# Assignment
In the listing that follows, how many lines contain the string "logged"? Provide only the number.

# Input data
______________________________
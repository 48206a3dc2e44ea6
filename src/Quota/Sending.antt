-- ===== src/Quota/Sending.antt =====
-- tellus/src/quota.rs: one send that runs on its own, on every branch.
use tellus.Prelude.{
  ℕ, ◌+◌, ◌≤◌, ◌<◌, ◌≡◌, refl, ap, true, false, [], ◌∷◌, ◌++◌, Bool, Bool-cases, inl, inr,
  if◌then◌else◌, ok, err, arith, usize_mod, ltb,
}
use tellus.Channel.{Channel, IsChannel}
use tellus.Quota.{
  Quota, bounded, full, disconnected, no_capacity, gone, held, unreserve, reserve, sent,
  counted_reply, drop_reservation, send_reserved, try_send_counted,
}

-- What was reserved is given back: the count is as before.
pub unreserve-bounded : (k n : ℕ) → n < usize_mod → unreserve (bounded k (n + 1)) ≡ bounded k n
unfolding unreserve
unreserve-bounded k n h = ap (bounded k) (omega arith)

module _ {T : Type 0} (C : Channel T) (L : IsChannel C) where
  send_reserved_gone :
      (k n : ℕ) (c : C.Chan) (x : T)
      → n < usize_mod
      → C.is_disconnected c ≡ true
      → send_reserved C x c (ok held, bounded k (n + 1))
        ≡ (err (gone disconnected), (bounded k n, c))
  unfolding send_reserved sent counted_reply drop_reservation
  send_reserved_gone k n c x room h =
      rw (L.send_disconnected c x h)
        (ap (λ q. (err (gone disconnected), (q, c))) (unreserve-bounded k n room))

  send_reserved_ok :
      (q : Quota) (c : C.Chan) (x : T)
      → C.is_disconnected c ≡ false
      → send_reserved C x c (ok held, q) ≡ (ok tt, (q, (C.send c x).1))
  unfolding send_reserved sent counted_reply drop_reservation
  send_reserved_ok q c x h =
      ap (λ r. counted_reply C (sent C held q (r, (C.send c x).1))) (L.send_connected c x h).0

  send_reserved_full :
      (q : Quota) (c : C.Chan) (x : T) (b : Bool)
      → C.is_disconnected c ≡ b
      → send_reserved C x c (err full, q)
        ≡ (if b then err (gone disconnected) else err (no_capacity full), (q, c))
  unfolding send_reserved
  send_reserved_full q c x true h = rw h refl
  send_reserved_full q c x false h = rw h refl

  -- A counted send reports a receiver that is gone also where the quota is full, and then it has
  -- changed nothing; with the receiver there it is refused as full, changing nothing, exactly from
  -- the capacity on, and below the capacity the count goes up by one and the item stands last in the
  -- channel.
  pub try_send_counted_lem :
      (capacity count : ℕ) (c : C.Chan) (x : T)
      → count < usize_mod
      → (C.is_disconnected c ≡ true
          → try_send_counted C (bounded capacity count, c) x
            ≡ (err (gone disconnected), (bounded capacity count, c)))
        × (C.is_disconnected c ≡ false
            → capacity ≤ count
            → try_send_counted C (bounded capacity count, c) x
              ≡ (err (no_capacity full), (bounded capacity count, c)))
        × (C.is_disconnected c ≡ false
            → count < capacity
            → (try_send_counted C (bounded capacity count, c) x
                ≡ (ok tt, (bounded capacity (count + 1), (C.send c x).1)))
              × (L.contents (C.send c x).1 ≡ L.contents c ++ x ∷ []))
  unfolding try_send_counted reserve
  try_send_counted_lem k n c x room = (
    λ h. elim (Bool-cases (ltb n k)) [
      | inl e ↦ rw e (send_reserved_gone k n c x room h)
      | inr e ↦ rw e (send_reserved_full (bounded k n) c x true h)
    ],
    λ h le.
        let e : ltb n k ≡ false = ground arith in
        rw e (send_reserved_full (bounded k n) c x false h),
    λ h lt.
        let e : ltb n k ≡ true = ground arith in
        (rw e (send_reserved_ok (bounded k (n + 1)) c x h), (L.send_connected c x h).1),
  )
______________________________
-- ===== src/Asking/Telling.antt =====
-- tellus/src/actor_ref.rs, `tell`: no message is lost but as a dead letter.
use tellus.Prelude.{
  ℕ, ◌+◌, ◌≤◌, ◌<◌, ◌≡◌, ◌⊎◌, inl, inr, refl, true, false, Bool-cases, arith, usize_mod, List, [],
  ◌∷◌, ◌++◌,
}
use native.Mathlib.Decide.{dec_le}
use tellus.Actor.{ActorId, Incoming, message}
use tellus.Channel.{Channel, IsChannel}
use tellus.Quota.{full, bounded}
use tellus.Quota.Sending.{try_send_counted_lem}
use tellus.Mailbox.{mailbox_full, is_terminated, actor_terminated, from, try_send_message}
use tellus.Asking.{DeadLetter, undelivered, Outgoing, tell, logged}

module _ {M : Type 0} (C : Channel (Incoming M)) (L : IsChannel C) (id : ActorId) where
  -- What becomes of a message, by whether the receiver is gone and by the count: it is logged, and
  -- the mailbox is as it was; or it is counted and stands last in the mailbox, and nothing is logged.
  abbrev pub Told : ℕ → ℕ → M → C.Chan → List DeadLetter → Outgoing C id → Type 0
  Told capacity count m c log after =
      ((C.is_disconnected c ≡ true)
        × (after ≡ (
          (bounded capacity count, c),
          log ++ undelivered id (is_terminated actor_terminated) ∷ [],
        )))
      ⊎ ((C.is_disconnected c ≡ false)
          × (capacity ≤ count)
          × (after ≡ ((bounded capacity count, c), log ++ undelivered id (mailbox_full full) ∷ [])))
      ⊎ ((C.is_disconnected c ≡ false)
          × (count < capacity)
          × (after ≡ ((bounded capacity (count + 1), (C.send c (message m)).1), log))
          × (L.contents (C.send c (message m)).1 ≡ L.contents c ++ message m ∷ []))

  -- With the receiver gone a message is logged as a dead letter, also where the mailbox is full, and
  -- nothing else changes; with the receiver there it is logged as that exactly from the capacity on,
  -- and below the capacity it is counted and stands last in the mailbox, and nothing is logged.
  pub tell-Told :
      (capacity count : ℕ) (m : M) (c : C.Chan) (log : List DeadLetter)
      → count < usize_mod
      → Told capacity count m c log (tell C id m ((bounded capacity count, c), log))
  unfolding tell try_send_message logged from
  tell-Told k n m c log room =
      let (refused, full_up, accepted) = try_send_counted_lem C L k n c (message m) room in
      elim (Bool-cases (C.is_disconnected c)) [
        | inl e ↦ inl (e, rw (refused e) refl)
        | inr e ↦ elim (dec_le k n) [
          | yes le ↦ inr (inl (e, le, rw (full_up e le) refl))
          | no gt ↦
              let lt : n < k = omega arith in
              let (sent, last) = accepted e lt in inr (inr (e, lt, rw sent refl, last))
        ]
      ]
______________________________
# Written response
7